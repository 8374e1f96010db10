-- ===== src/Policy/Control/Rows.antt =====
-- app/policy/control.py: what the rows of overrides and of room states mean.
use clock_ha_orchestrator.Prelude.{
  ℕ, ◌-◌, Bool, false, not, Option, none, some, String, ltb, ◌==◌, if◌then◌else◌, select, is_some,
}
use clock_ha_orchestrator.Domain.Enums.{ControlMode, ManualHvacMode, is_automatic}
use clock_ha_orchestrator.Domain.Time.{minute, DateTime, utc_time}
use clock_ha_orchestrator.Domain.Models.{ManualOverride}
use clock_ha_orchestrator.G301.Registers.{round_half_even}
use clock_ha_orchestrator.Policy.Commands.{OverrideDuration}
use clock_ha_orchestrator.Policy.Engine.{is_true}
use clock_ha_orchestrator.Persistence.Rows.{OverrideRow, RoomStateRow, ControlState}
use clock_ha_orchestrator.Persistence.Session.{Database, newest}

unfoldable pub latest_override_row : ℕ → Database → Option OverrideRow
latest_override_row room_id db =
    newest (λ r. r.starts_at) (λ r. r.id) (select (λ r. r.room_id == room_id) db.overrides)

unfoldable pub latest_room_state : ℕ → Database → Option RoomStateRow
latest_room_state room_id db =
    newest (λ r. r.created_at) (λ r. r.id) (select (λ r. r.room_id == room_id) db.room_states)

-- `limit is not None and limit > now`
abbrev pub ends_after : Option ℕ → ℕ → Bool
ends_after none now = false
ends_after (some limit) now = ltb now limit

unfoldable pub override_row_is_active : OverrideRow → ℕ → Bool
override_row_is_active row now =
    if is_automatic row.control_mode
    then false
    else if row.until_checkout
    then if is_some row.booking_id then ends_after row.checkout_at now else false
    else ends_after row.expires_at now

-- `str(minutes)`, if it is one of `SUPPORTED_DURATIONS`, and else the default.
abbrev pub duration_of_minutes : ℕ → OverrideDuration
duration_of_minutes n =
    if n == 240
    then OverrideDuration.minutes_240
    else if n == 720
    then OverrideDuration.minutes_720
    else OverrideDuration.minutes_60

-- A row that expires before it starts has a negative duration, which is not supported either.
unfoldable pub duration_from_row : OverrideRow → OverrideDuration
duration_from_row row =
    if row.until_checkout then OverrideDuration.until_checkout else elim row.expires_at [
      | none ↦ OverrideDuration.minutes_60
      | some t ↦ duration_of_minutes (round_half_even (t - row.starts_at) minute)
    ]

abbrev pub utc_option : Option ℕ → Option DateTime
utc_option none = none
utc_option (some t) = some (utc_time t)

-- `ManualOverride(...)` of the columns of a row.
abbrev pub override_of_row : OverrideRow → Option String → ManualOverride
override_of_row row clock_booking_id = record {
  control_mode = row.control_mode;
  clock_booking_id = clock_booking_id;
  hvac_mode = row.hvac_mode;
  target_temperature_c = row.target_temperature_c;
  water_heater_enabled = row.water_heater_enabled;
  expires_at = utc_option row.expires_at;
  checkout_at = utc_option row.checkout_at;
  until_checkout = row.until_checkout;
  command_id = row.command_id;
}

unfoldable pub manual_override_from_row : OverrideRow → Option String → Option ManualOverride
manual_override_from_row row clock_booking_id =
    if is_automatic row.control_mode then none else some (override_of_row row clock_booking_id)

unfoldable pub default_control_state_payload : String → ℕ → ControlState
default_control_state_payload room_key now = record {
  room_key = room_key;
  control_mode = ControlMode.automatic;
  manual_hvac_mode = ManualHvacMode.off;
  manual_target_temperature_c = none;
  override_duration = OverrideDuration.minutes_60;
  manual_water_heater_enabled = false;
  active = false;
  until_checkout = false;
  expires_at = none;
  command_id = none;
  updated_at = now;
}

abbrev pub or_else_time : Option ℕ → Option ℕ → Option ℕ
or_else_time none other = other
or_else_time (some t) other = some t

-- The payload of an override in force.
abbrev pub override_payload : String → OverrideRow → ℕ → ControlState
override_payload room_key row now = record {
  room_key = room_key;
  control_mode = row.control_mode;
  manual_hvac_mode = row.hvac_mode;
  manual_target_temperature_c = row.target_temperature_c;
  override_duration = duration_from_row row;
  manual_water_heater_enabled = is_true row.water_heater_enabled;
  active = not (is_automatic row.control_mode);
  until_checkout = row.until_checkout;
  expires_at = or_else_time row.expires_at row.checkout_at;
  command_id = some row.command_id;
  updated_at = now;
}

-- `active` is none where the caller leaves it out.
unfoldable pub control_state_payload_from_override :
    String → Option OverrideRow → ℕ → Option Bool → ControlState
unfolding default_control_state_payload override_row_is_active duration_from_row
control_state_payload_from_override room_key none now active =
    default_control_state_payload room_key now
control_state_payload_from_override room_key (some row) now active =
    if elim active [ none ↦ override_row_is_active row now | some a ↦ a ]
    then override_payload room_key row now
    else default_control_state_payload room_key now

=-=-=

** TASK ITEM **
Of all the entries above, retype exactly the lines from the line with "- row.starts_at) minute)" to the line with "manual_hvac_mode = ManualHvacMode.off;", both included, and no others.

** ANSWER TO THE EXERCISE **
      | some t ↦ duration_of_minutes (round_half_even (t - row.starts_at) minute)
    ]

abbrev pub utc_option : Option ℕ → Option DateTime
utc_option none = none
utc_option (some t) = some (utc_time t)

-- `ManualOverride(...)` of the columns of a row.
abbrev pub override_of_row : OverrideRow → Option String → ManualOverride
override_of_row row clock_booking_id = record {
  control_mode = row.control_mode;
  clock_booking_id = clock_booking_id;
  hvac_mode = row.hvac_mode;
  target_temperature_c = row.target_temperature_c;
  water_heater_enabled = row.water_heater_enabled;
  expires_at = utc_option row.expires_at;
  checkout_at = utc_option row.checkout_at;
  until_checkout = row.until_checkout;
  command_id = row.command_id;
}

unfoldable pub manual_override_from_row : OverrideRow → Option String → Option ManualOverride
manual_override_from_row row clock_booking_id =
    if is_automatic row.control_mode then none else some (override_of_row row clock_booking_id)

unfoldable pub default_control_state_payload : String → ℕ → ControlState
default_control_state_payload room_key now = record {
  room_key = room_key;
  control_mode = ControlMode.automatic;
  manual_hvac_mode = ManualHvacMode.off;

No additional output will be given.